Seller took down ALL things for sale. I thought he had a ton of Harley stuff before. Weird stuff. And just to clarify, when I stated I thought it was "bogus" I was no way implying that the bike was being misrepresented somehow by the seller. Buyer beware is the rule I go by with ebay. If the pictures don't look right or the description is a little vague or missing important information then it's up to the buyer to do his or her research and base your bid on that info. It's those dang buy-it-now (regret-it-later) sales that make it tempting to just take the risk and buy it before someone else does.
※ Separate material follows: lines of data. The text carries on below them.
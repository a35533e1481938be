-- ===== src/Errors.antt =====
-- src/error.c, the error state of a thread, over the log of src/log.c. Texts that the C library formats (the
-- description, the number of a line) come as they are formatted, and so do the results of mm_write; an error that
-- mm_log raises is ignored, as the flags say while it runs, but what a failing write makes of errno stays.
pub mod Raise
mod Examples
use mmlib.Base.{
  ℕ, zero, suc, ◌+◌, ◌-◌, Bool, true, false, ◌&&◌, Option, none, some, List, [], ◌∷◌, ◌++◌, ◌==◌,
  length, take, if◌then◌else◌,
}
use mmlib.Base.Int.{ℤ, pos, negsuc}
use mmlib.Base.CString.{Bytes, codes}
use mmlib.Log.{log_error, mm_log, log_fails}

-- The bits of an int.
abbrev pub Flags : Type 0
Flags = ℕ → Bool

-- MM_ERROR_IGNORE and MM_ERROR_NOLOG are the bits 0 and 1.
abbrev pub error_ignore : Flags
error_ignore i = i == 0

abbrev pub error_set : Flags
error_set i = true

pub record ErrorInfo : Type 0 where
  pub flags : Flags
  pub errnum : ℤ
  pub extended_id : Bytes
  pub module_name : Bytes
  pub location : Bytes
  pub desc : Bytes

-- The state of a thread, and what was written to the log; `overrun` says whether mm_log wrote behind its buffer.
pub record Errors : Type 0 where
  pub last_error : ErrorInfo
  pub errno : ℤ
  pub log : Bytes
  pub overrun : Bool

abbrev with_flags : ErrorInfo → Flags → ErrorInfo
with_flags info flags = record {
  flags = flags;
  errnum = info.errnum;
  extended_id = info.extended_id;
  module_name = info.module_name;
  location = info.location;
  desc = info.desc;
}

abbrev pub with_info : Errors → ErrorInfo → Errors
with_info s info = record { last_error = info; errno = s.errno; log = s.log; overrun = s.overrun }

-- `(mask & flags) | (~mask & previous)`, and the previous flags.
unfoldable pub mm_error_set_flags : Errors → (flags mask : Flags) → Errors × Flags
mm_error_set_flags s flags mask =
    let previous = s.last_error.flags in
    (with_info s (with_flags s.last_error (λ i. if mask i then flags i else previous i)), previous)

-- What is known of the log, what mm_write will return, and what it makes of errno where it fails.
pub record Logging : Type 0 where
  pub maxloglvl : ℤ
  pub timestamp : Bytes
  pub results : List (Option ℕ)
  pub write_errno : ℤ → ℤ

abbrev with_errno : Errors → ℤ → Errors
with_errno s errno = record {
  last_error = s.last_error;
  errno = errno;
  log = s.log;
  overrun = s.overrun;
}

abbrev add_log : Errors → Option Bytes → Errors
add_log s none = record { last_error = s.last_error; errno = s.errno; log = s.log; overrun = true }
add_log s (some line) = record {
  last_error = s.last_error;
  errno = s.errno;
  log = s.log ++ line;
  overrun = s.overrun;
}

abbrev pub or_text : Option Bytes → Bytes → Bytes
or_text none text = text
or_text (some s) text = s

-- The arguments of a raise.
pub record Raised : Type 0 where
  pub errnum : ℤ
  pub module_name : Option Bytes
  pub func : Option Bytes
  pub srcfile : Option Bytes
  pub srcline : Bytes
  pub extid : Option Bytes
  pub desc : Bytes

-- "%s() in %s:%i"
abbrev pub source_location : Raised → Bytes
source_location r =
    or_text r.func (codes "unknown")
    ++ (codes "() in " ++ (or_text r.srcfile (codes "unknown") ++ (b':' ∷ r.srcline)))

-- The fields are as long as their buffers, less the terminator.
abbrev pub raised_info : Flags → Raised → ErrorInfo
raised_info flags r = record {
  flags = flags;
  errnum = r.errnum;
  extended_id = take 63 (or_text r.extid []);
  module_name = take 31 (or_text r.module_name (codes "unknown"));
  location = take 255 (source_location r);
  desc = take 255 r.desc;
}

-- "%s (%s)"
abbrev pub log_message : ErrorInfo → Bytes
log_message info = info.desc ++ (b' ' ∷ b'(' ∷ (info.location ++ (b')' ∷ [])))

abbrev pub errno_after : (errno errnum : ℤ) → ℤ
errno_after errno (pos zero) = errno
errno_after errno errnum = errnum

-- The log of a raise, with errors ignored meanwhile.
abbrev log_raised : Logging → Errors → (name : Bytes) → Errors
log_raised l s name =
    let (quiet, flags) = mm_error_set_flags s error_set error_ignore in
    let msg = log_message s.last_error in
    let written = with_errno quiet (
      if log_fails l.maxloglvl (pos log_error) l.timestamp name msg l.results
      then l.write_errno s.errno
      else s.errno) in
    let logged =
      add_log written (mm_log l.maxloglvl (pos log_error) l.timestamp name msg l.results) in
    (mm_error_set_flags logged flags error_ignore).0

-- The state once its fields are set.
abbrev pub set_error : Errors → Raised → Errors
set_error s r = record {
  last_error = raised_info s.last_error.flags r;
  errno = errno_after s.errno r.errnum;
  log = s.log;
  overrun = s.overrun;
}

unfoldable pub mm_raise_error_vfull : Logging → Errors → Raised → Errors
mm_raise_error_vfull l s r =
    if s.last_error.flags 0
    then s
    else if s.last_error.flags 1
    then set_error s r
    else log_raised l (set_error s r) (or_text r.module_name (codes "unknown"))

abbrev pub mm_save_errorstate : Errors → ErrorInfo
mm_save_errorstate s = s.last_error

unfoldable pub mm_set_errorstate : Errors → ErrorInfo → Errors
mm_set_errorstate s state = record {
  last_error = state;
  errno = state.errnum;
  log = s.log;
  overrun = s.overrun;
}

unfoldable pub mm_get_lasterror_number : Errors → ℤ
mm_get_lasterror_number s = s.last_error.errnum

unfoldable pub mm_get_lasterror_desc : Errors → Bytes
mm_get_lasterror_desc s = s.last_error.desc

unfoldable pub mm_get_lasterror_location : Errors → Bytes
mm_get_lasterror_location s = s.last_error.location

unfoldable pub mm_get_lasterror_extid : Errors → Option Bytes
mm_get_lasterror_extid s =
    if length s.last_error.extended_id == 0 then none else some s.last_error.extended_id

unfoldable pub mm_get_lasterror_module : Errors → Bytes
mm_get_lasterror_module s = s.last_error.module_name
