-- ===== src/Errors/Raise.antt =====
-- What is left of an error that was raised.
use mmlib.Base.{
  ℕ, ◌≡◌, refl, sym, subst, ◌∙◌, ap, true, false, inl, inr, Bool-cases, Option, none, some, [], ◌∷◌,
  ◌++◌, ◌==◌, length, take, if◌then◌else◌,
}
use mmlib.Base.Int.{ℤ, pos}
use mmlib.Base.CString.{Bytes, codes}
use mmlib.Log.{log_error, mm_log, log_fails}
use mmlib.Errors.{
  ErrorInfo, Errors, Logging, Raised, mm_error_set_flags, mm_raise_error_vfull, mm_save_errorstate,
  mm_set_errorstate, mm_get_lasterror_number, mm_get_lasterror_desc, mm_get_lasterror_location,
  mm_get_lasterror_extid, mm_get_lasterror_module, raised_info, set_error, source_location, or_text,
  errno_after, log_raised, log_message, add_log, with_errno,
}

add_log-last_error : (s : Errors) (line : Option Bytes) → (add_log s line).last_error ≡ s.last_error
add_log-last_error s none = refl
add_log-last_error s (some line) = refl

add_log-errno : (s : Errors) (line : Option Bytes) → (add_log s line).errno ≡ s.errno
add_log-errno s none = refl
add_log-errno s (some line) = refl

-- The same error, with the same flags.
record IsSame (a b : ErrorInfo) : Type 0 where
  errnum : a.errnum ≡ b.errnum
  extended_id : a.extended_id ≡ b.extended_id
  module_name : a.module_name ≡ b.module_name
  location : a.location ≡ b.location
  desc : a.desc ≡ b.desc
  flags : (i : ℕ) → a.flags i ≡ b.flags i

-- What mm_log leaves of errno.
abbrev pub errno_behind : Logging → Errors → (name : Bytes) → ℤ
errno_behind l s name =
    if log_fails l.maxloglvl (pos log_error) l.timestamp name (log_message s.last_error) l.results
    then l.write_errno s.errno
    else s.errno

-- Logging leaves the error, and the flags are as before.
log_raised-IsSame :
    (l : Logging) (s : Errors) (name : Bytes) → IsSame (log_raised l s name).last_error s.last_error
unfolding mm_error_set_flags
log_raised-IsSame l s name =
    let quiet = (mm_error_set_flags s (λ i. true) (λ i. i == 0)).0 in
    let line =
      mm_log l.maxloglvl (pos log_error) l.timestamp name (log_message s.last_error) l.results in
    let kept = add_log-last_error (with_errno quiet (errno_behind l s name)) line in
    record {
      errnum = ap (λ info. info.errnum) kept;
      extended_id = ap (λ info. info.extended_id) kept;
      module_name = ap (λ info. info.module_name) kept;
      location = ap (λ info. info.location) kept;
      desc = ap (λ info. info.desc) kept;
      flags = λ i. elim (Bool-cases (i == 0)) [
        | inl first ↦ rw first refl
        | inr other ↦ rw other (ap (λ info. info.flags i) kept ∙ rw other refl)
      ];
    }

log_raised-errno :
    (l : Logging) (s : Errors) (name : Bytes) → (log_raised l s name).errno ≡ errno_behind l s name
unfolding mm_error_set_flags
log_raised-errno l s name =
    let quiet = (mm_error_set_flags s (λ i. true) (λ i. i == 0)).0 in
    add_log-errno (with_errno quiet (errno_behind l s name))
      (mm_log l.maxloglvl (pos log_error) l.timestamp name (log_message s.last_error) l.results)

-- The state after a raise, with and without a log.
raise-quiet :
    (l : Logging) (s : Errors) (r : Raised)
    → s.last_error.flags 0 ≡ false
    → s.last_error.flags 1 ≡ true
    → mm_raise_error_vfull l s r ≡ set_error s r
unfolding mm_raise_error_vfull
raise-quiet l s r h k =
    let logged = log_raised l (set_error s r) (or_text r.module_name (codes "unknown")) in
    ap (λ b. if b then s else if s.last_error.flags 1 then set_error s r else logged) h
    ∙ ap (λ b. if b then set_error s r else logged) k

raise-logs :
    (l : Logging) (s : Errors) (r : Raised)
    → s.last_error.flags 0 ≡ false
    → s.last_error.flags 1 ≡ false
    → mm_raise_error_vfull l s r
      ≡ log_raised l (set_error s r) (or_text r.module_name (codes "unknown"))
unfolding mm_raise_error_vfull
raise-logs l s r h k =
    let logged = log_raised l (set_error s r) (or_text r.module_name (codes "unknown")) in
    ap (λ b. if b then s else if s.last_error.flags 1 then set_error s r else logged) h
    ∙ ap (λ b. if b then set_error s r else logged) k

raise-ignored :
    (l : Logging) (s : Errors) (r : Raised)
    → s.last_error.flags 0 ≡ true
    → mm_raise_error_vfull l s r ≡ s
unfolding mm_raise_error_vfull
raise-ignored l s r h =
    let logged = log_raised l (set_error s r) (or_text r.module_name (codes "unknown")) in
    ap (λ b. if b then s else if s.last_error.flags 1 then set_error s r else logged) h

-- errno behind a raise that is not ignored, with the number set first.
abbrev pub raised_errno : Logging → Errors → Raised → ℤ
raised_errno l s r =
    let errno = errno_after s.errno r.errnum in
    let name = or_text r.module_name (codes "unknown") in
    let msg = take 255 r.desc ++ (b' ' ∷ b'(' ∷ (take 255 (source_location r) ++ (b')' ∷ []))) in
    if s.last_error.flags 1
    then errno
    else if log_fails l.maxloglvl (pos log_error) l.timestamp name msg l.results
    then l.write_errno errno
    else errno

abbrev Sets : Logging → Errors → Raised → Errors → Type 0
Sets l s r t =
    IsSame t.last_error (raised_info s.last_error.flags r) × (t.errno ≡ raised_errno l s r)

raise-Sets :
    (l : Logging) (s : Errors) (r : Raised)
    → s.last_error.flags 0 ≡ false
    → Sets l s r (mm_raise_error_vfull l s r)
raise-Sets l s r h = elim (Bool-cases (s.last_error.flags 1)) [
  | inl quiet ↦ subst (Sets l s r) (sym (raise-quiet l s r h quiet)) (
    record {
      errnum = refl;
      extended_id = refl;
      module_name = refl;
      location = refl;
      desc = refl;
      flags = λ i. refl;
    },
    rw quiet refl,
  )
  | inr logs ↦
      let name = or_text r.module_name (codes "unknown") in
      subst (Sets l s r) (sym (raise-logs l s r h logs)) (
        log_raised-IsSame l (set_error s r) name,
        log_raised-errno l (set_error s r) name
            ∙ sym (
                ap
                  (λ b.
                    if b then errno_after s.errno r.errnum else errno_behind l (set_error s r) name)
                  logs),
      )
]

-- A raise where errors are not ignored leaves, whether or not it is logged, the error's number, and its
-- texts cut to their buffers, an empty identifier as none, and the flags as they were; errno is the
-- number unless it is 0, or, where the error is logged and mm_write fails, what that makes of it. Where
-- errors are ignored, the state stays as it is, log and errno included. Restored later, the saved state
-- is the same error, and errno its number.
pub mm_raise_error_vfull_lem :
    (l : Logging) (s ignoring later : Errors) (r : Raised)
    → s.last_error.flags 0 ≡ false
    → ignoring.last_error.flags 0 ≡ true
    → let t = mm_raise_error_vfull l s r in
      let id = take 63 (or_text r.extid []) in
      (mm_get_lasterror_number t ≡ r.errnum)
      × (mm_get_lasterror_desc t ≡ take 255 r.desc)
      × (mm_get_lasterror_location t ≡ take 255 (source_location r))
      × (mm_get_lasterror_module t ≡ take 31 (or_text r.module_name (codes "unknown")))
      × (mm_get_lasterror_extid t ≡ (if length id == 0 then none else some id))
      × (t.errno ≡ raised_errno l s r)
      × ((i : ℕ) → t.last_error.flags i ≡ s.last_error.flags i)
      × (mm_raise_error_vfull l ignoring r ≡ ignoring)
      × (mm_get_lasterror_desc (mm_set_errorstate later (mm_save_errorstate t)) ≡ take 255 r.desc)
      × ((mm_set_errorstate later (mm_save_errorstate t)).errno ≡ r.errnum)
unfolding mm_get_lasterror_number mm_get_lasterror_desc mm_get_lasterror_location
    mm_get_lasterror_module mm_get_lasterror_extid mm_set_errorstate
mm_raise_error_vfull_lem l s ignoring later r h ignores =
    let (same, errno) = raise-Sets l s r h in
    (
      same.errnum,
      same.desc,
      same.location,
      same.module_name,
      ap (λ id. if length id == 0 then none else some id) same.extended_id,
      errno,
      same.flags,
      raise-ignored l ignoring r ignores,
      same.desc,
      same.errnum,
    )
But because the ad said the pitch of the sprocket is correct but doesn't say it's original. This could cause some confusion for someone bidding on it. The pitch may very well be correct, doesn't make it original. Fine lines drawn fuzzy, lawyer talk, snake oil...buyer beware!


----------



## dave the wave (Jan 10, 2011)

*1920 H-D bicycle in H-D Museum*

here's the 1920 H-D bicycle they had in the traveling H-D Museum.


----------



## creebobby (Jan 14, 2011)

*1920 - Generation 2 Motorcyke*

That 1920 Motorcyke from the museum has the second type of frame with a lower truss bar on the frame and shorter head tube.  I can't tell if the metal on the seatpost area is double thick or not.
Does anyone know what year it switched to the later style, and if there were only the two styles of Motorcykes?


----------



## redline1968 (Jan 14, 2011)

according to my orig catalog (bud has copy) 1919 seems to be the last for that style the were produced in conjunction with the motocyke.  at the angle of the photo it is difficult to tell and their date would be wrong with my catalog 1920 date. should be 1919 or 1918


----------



## dave the wave (Jan 14, 2011)

you could be right.my bike and the one in the travl.museum could be 1918-19.what i like about the bike is that davis stamped made in U.S.America on the seat post down tube.i wish more H-D bicycle collectors would  chime in about this thread.


----------



## creebobby (Jan 15, 2011)

I've got the scans of the 1920 catalog that bud poe posted on his blog.  They're great!  Does anyone have any catalog scans of earlier or later HD bicycle catalogs or ads that they could share?
(The 1920 catalog is posted at www.blackdotmetalwerks.com)


----------



## redline1968 (Jan 15, 2011)

I think they sold bikes for 3-4yrs 18-21


----------



## kunzog (Jan 15, 2011)

I dont know what you consider the later style,  but Harley Davidson made bicycles in 1917, 1918, 1919, 1920 and 1921. Many different frame styles and the Motocycke had a few changes each year. Only the 1919 was made for a tank and the tank was extremely rare.


----------



## creebobby (Jan 16, 2011)

Thanks for the pics Kunzog!
Apparently the 1917 and 1919 bikes share a different frame style from the others (a lower frame truss bar and shorter head tube).  Looks like they went back and forth on which style was offered as the Motorcyke.  Question answered!
Does anyone have any pictures showing the tank, in catalog or real bicycle form?


----------



## kunzog (Jan 18, 2011)

only available for 1919 frame


----------



## bud poe (Jan 18, 2011)

Wow, never even seen a picture of one of those...Thanks for posting!
The whole Harley Davidson bicycle is such an interesting part of history because it embodies that ever-present dynamic between motorcycles and bicycles.  The bicycle "gave birth" to the mototcycle, and then spent several decades trying to emulate it's "child"...Fascinating stuff...
I can only hope to someday own a single part of a genuine HD bicycle, but you never know, right???


----------



## redline1968 (Jan 19, 2011)

you are a god.......


----------



## creebobby (Jan 21, 2011)

Those pictures made my day!
I think that tank is how we won WWI.


----------



## Talewinds (Jan 21, 2011)

I think there is a HD headbadge up on thE bay by the same guy...... $6,500???????


----------



## slick (Jan 21, 2011)

I thought the same thing about the badge but if you see his other pictures it's a whole bike.


----------



## Talewinds (Jan 21, 2011)

Ahhh, well at least there's a complete bike attached to it then.


----------